Stored data:
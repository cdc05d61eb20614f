-- ===== src/Limiter/Tests.antt =====
-- Runs of the sign-in limiter, and its theorems at these runs.
use concert.Prelude.{
  ℕ, ◌+◌, ◌≤◌, ◌≡◌, refl, Bool, true, false, ◌==◌, Option, none, some, List, [], ◌∷◌, arith,
}
use concert.Prelude.Table.{IsMap, lookup}
use concert.Net.{Addr, v4, addr_eq}
use concert.Limiter.{LoginState, LoginLimiter, locked, lock_left, fail, purge, login_lockout}
use concert.Limiter.Laws.{IsValid, fail-IsValid, purge_invisible, fail_keeps_lock}
use concert.Limiter.Burst.{fail_all, fail_each, few_failures_do_not_lock, fifth_failure_locks}

abbrev home : Addr
home = v4 0xc0000201

abbrev neighbour : Addr
neighbour = v4 0xc0000202

abbrev five_failures : LoginLimiter
five_failures = fail_all home (100 ∷ 200 ∷ 300 ∷ 400 ∷ 500 ∷ []) []

empty-IsValid : IsValid []
empty-IsValid = record { is_map = tt; sound = λ ip s e. absurd (nobody ip s e) }
  where
    nobody : (ip : Addr) (s : LoginState) → lookup ip [] ≡ some s → ⊥
    nobody ip s e = unfold lookup in cc

five_failures-IsValid : IsValid five_failures
five_failures-IsValid = fail-IsValid home 500 _ (
    fail-IsValid home 400 _
      (fail-IsValid home 300 _ (fail-IsValid home 200 _ (fail-IsValid home 100 [] empty-IsValid))))

five_lock : (locked home 600 five_failures).1 ≡ true
unfolding locked lookup fail concert.Prelude.Table.insert concert.Net.addr_beq
five_lock = refl

purge_invisible_run :
    (locked home 700 (purge 600 five_failures) ≡ locked home 700 five_failures)
    × (lookup home (fail home 700 (purge 600 five_failures))
        ≡ lookup home (fail home 700 five_failures))
purge_invisible_run = purge_invisible 600 700 home five_failures five_failures-IsValid (omega arith)

fail_keeps_lock_example :
    ((locked home 700 (fail home 600 five_failures)).1 ≡ true)
    × ((locked home 700 five_failures).0 ≤ (locked home 700 (fail home 600 five_failures)).0)
unfolding locked lookup fail concert.Prelude.Table.insert concert.Net.addr_beq
fail_keeps_lock_example =
    fail_keeps_lock home home 600 700 five_failures five_failures-IsValid first_before (omega arith)
      still
  where
    first_before : 500 ≤ 600
    first_before = omega arith

    still : (locked home 700 five_failures).1 ≡ true
    still = refl

few_failures_do_not_lock_run :
    (locked home 450 (fail_all home (100 ∷ 200 ∷ 300 ∷ 400 ∷ []) [])).1 ≡ false
unfolding lookup
few_failures_do_not_lock_run =
    few_failures_do_not_lock home (100 ∷ 200 ∷ 300 ∷ 400 ∷ []) 450 [] refl (omega arith)

-- A neighbour fails in between.
abbrev failures : List (Addr × ℕ)
failures =
    (home, 100)
    ∷ (neighbour, 150)
    ∷ (home, 200)
    ∷ (home, 300)
    ∷ (neighbour, 350)
    ∷ (home, 400)
    ∷ (home, 500)
    ∷ []

fifth_failure_locks_example :
    locked home 600 (fail_each failures [])
    ≡ lock_left 600 (some (record { fails = 0; first = 500; locked_until = 500 + login_lockout }))
unfolding lookup concert.Net.addr_beq
fifth_failure_locks_example =
    fifth_failure_locks home 100 200 300 400 500 600 failures [] refl refl (omega arith)
      (omega arith) (omega arith) (omega arith)
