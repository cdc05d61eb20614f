-- ===== src/Notes.antt =====
-- visitor.go: what room does not know about a waiting visitor, by ticket, at most `max` notes.
-- A text is a list of bytes; the mutex makes every method one step, but for `prune`, which asks
-- room between two critical sections: its second half runs on whatever the store is then.
pub mod Laws
mod Tests
use concert.Prelude.{
  ℕ, ◌+◌, String, Bool, true, false, not, Option, none, some, List, [], ◌∷◌, map, ltb, leb,
  if◌then◌else◌, length, take, keep, string_eq,
}
use concert.Prelude.Table.{Table, lookup, insert, delete}

-- visitorNote
pub record VisitorNote : Type 0 where
  pub ua : List ℕ
  pub path : List ℕ

-- noteStore
pub record NoteStore : Type 0 where
  pub m : Table String VisitorNote
  pub max : ℕ
  pub dropped : ℕ

-- newNoteStore
abbrev pub new_note_store : ℕ → NoteStore
new_note_store max = record { m = []; max = max; dropped = 0 }

unfoldable pub clip : List ℕ → ℕ → List ℕ
clip s n = if ltb n (length s) then take n s else s

add_found : String → List ℕ → List ℕ → NoteStore → Option VisitorNote → NoteStore
unfolding clip
add_found token ua req_path s (some note) = s
add_found token ua req_path s none =
    if leb s.max (length s.m)
    then record s { dropped = s.dropped + 1 }
    else record s { m = insert token (record { ua = clip ua 256; path = clip req_path 256 }) s.m }

unfoldable pub add : String → List ℕ → List ℕ → NoteStore → NoteStore
unfolding add_found
add token ua req_path s = add_found token ua req_path s (lookup token s.m)

unfoldable pub get : String → NoteStore → Option VisitorNote
get token s = lookup token s.m

unfoldable pub remove : String → NoteStore → NoteStore
remove token s = record s { m = delete token s.m }

unfoldable pub count : NoteStore → ℕ
count s = length s.m

abbrev pub tokens_of : Table String VisitorNote → List String
tokens_of [] = []
tokens_of ((t, note) ∷ m) = t ∷ tokens_of m

unfoldable pub delete_all : List String → Table String VisitorNote → Table String VisitorNote
delete_all [] m = m
delete_all (t ∷ ts) m = delete_all ts (delete t m)

-- The tickets of the store that `kept` rejects.
abbrev pub gone : (String → Bool) → NoteStore → List String
gone kept s = keep (λ t. not (kept t)) (tokens_of s.m)

-- prune: `before` is the store at the first critical section, `s` at the second.
unfoldable pub prune : (String → Bool) → NoteStore → NoteStore → ℕ × NoteStore
unfolding delete_all
prune kept before s =
    (length (gone kept before), record s { m = delete_all (gone kept before) s.m })
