-- ===== src/Lib.antt =====
-- Verification library of the mobile-edge-computing system: a central controller that decides when
-- users' services (docker containers) migrate between edge servers and when users hand over
-- between base stations, and the edge servers that run the services.
--
-- The parts and their files. The central controller (centralized_controller.py) is in
-- `Controller`: `State` is its object with the messages that it publishes and the timers that it
-- starts, `Word` the six bits of a user's migration state, `Triggers` the timers' callbacks,
-- `Plans` the planning rounds (run_optimization_planner, trigger_other_planners), `Reports` the
-- handlers of the reports on a move, `Discovery` the requests and the leaving of users, `Servers`
-- the registration, the monitors and the loss of edge servers, `Monitors` the reports that may
-- start a planning round, `Records` those that only reach the database. `Rounds`, `Cycles` and
-- `System` put these together: sequences of rounds and timers, whole episodes, and the step
-- relation over the handlers. It asks a planner
-- (`Planner`: `Lifetime` and `Plans` of planner.py, `Optimizing` and `Differences` of
-- optimization_planner.py, over the look-ups `Stats` of stats_edge.py with what
-- they say of the `Signals`, and `DataRate` of stats_edge.py
-- and communication_models.py) and keeps what it learns in the central database
-- (central_database.py, `Database`): `Rows` are the mapped classes, `Estimate` the estimated times
-- of a user, `Queries`, `Updates` and `Servers` the methods, `History`, `Migrations` and
-- `Containers` what is made of the monitors' and the migrations' reports, and `Handover` the
-- forecast of handovers with the geometry of estimator.py. An edge server (edge_controller.py) keeps two
-- registries (edge_servers.py, edge_services.py) of neighbours and of service descriptions
-- (migrate_node.py), in `Edge`; its handlers are `Edge.ControllerServer`: `Deploy` starts and
-- removes services, `Moves` sends and receives them and counts their requests, `Reports` tells of
-- neighbours and migrations, and `Services` has the look-ups of utilities.py. The commands that
-- these handlers put into the source's queue are carried out in `Migration`: `Source`
-- (migrate_source.py) and `Dest` (migrate_dest.py) are the two ends with their state (`State`),
-- over the commands on containers and folders (migrate_controller.py, `Commands`) and the
-- differences of folders (diff_patch.py, `DiffPatch`); `Datagrams` is what the source sends and how
-- the destination reads it, `Measuring` the two checkpoints before a migration, and `Relocation` a
-- migration as a whole against its specification `relocate`. `Protocol` is the framing of messages
-- over TCP (edge_protocol.py), on the byte strings of `Bytes`. `Examples` applies the theorems to
-- a small system.
--
-- How code is read. A method that changes an object returns the new object; one that may raise is
-- an `Action` of `Effects`, whose state comes back after an exception too. Handlers take the
-- decoded payload of a message: a text that is no YAML is logged and changes nothing. Logging is
-- left out. What comes from outside the repository is the record `Platform`: Python's floats with
-- their operations, and the tables that SQLAlchemy keeps, with what it documents of a look-up
-- after a write; `Docker` is the daemon of an edge server's host, `Random` the choices of
-- `random`, and query_neighbor's grouped query is a parameter too. `IsOrdered` is the order of
-- floats that are not NaN. For a migration the tools `xdelta`, `rsync` and `du`
-- and the existence of checkpoint folders are the record `Tools`, with what the first two document
-- (`IsDocumented`), and the command line of docker is `Daemon`; a folder is
-- the list of its files, by name, and holds no folders itself; the parallel work on the files of a
-- folder is done in the order of the list. The loops are recursions on lists and take no fuel, but
-- for the two loops of client_thread: they read at least a byte in a round, so a fuel above the
-- length of the frame is enough.
--
-- Not modelled: the MQTT client, the measurements of the monitors, update_rssi_monitor with its
-- regressions (a parameter of `Controller.Monitors`), the cost functions of stats_edge.py, the
-- methods of MigrateSource and MigrateDest that no command calls, the
-- backups of checkpoint folders and the measured times, the simulated end users, plots and log
-- analysis. Where a timer holds the JSON object
-- of a handover that the plan holds too, a later change of its elapsed time does not reach the
-- timer's copy.
pub mod Prelude
pub mod Platform
pub mod Effects
pub mod Bytes
pub mod Protocol
pub mod Edge
pub mod Migration
pub mod Database
pub mod Planner
pub mod Controller
pub mod Examples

PROBLEM DETAILS:
Above are the records; from them, give again exactly the lines from the one containing "-- a small system." to the one containing "-- folder is", both lines included, and nothing more.

EXERCISE OUTPUT:
-- a small system.
--
-- How code is read. A method that changes an object returns the new object; one that may raise is
-- an `Action` of `Effects`, whose state comes back after an exception too. Handlers take the
-- decoded payload of a message: a text that is no YAML is logged and changes nothing. Logging is
-- left out. What comes from outside the repository is the record `Platform`: Python's floats with
-- their operations, and the tables that SQLAlchemy keeps, with what it documents of a look-up
-- after a write; `Docker` is the daemon of an edge server's host, `Random` the choices of
-- `random`, and query_neighbor's grouped query is a parameter too. `IsOrdered` is the order of
-- floats that are not NaN. For a migration the tools `xdelta`, `rsync` and `du`
-- and the existence of checkpoint folders are the record `Tools`, with what the first two document
-- (`IsDocumented`), and the command line of docker is `Daemon`; a folder is
-- the list of its files, by name, and holds no folders itself; the parallel work on the files of a
-- folder is done in the order of the list. The loops are recursions on lists and take no fuel, but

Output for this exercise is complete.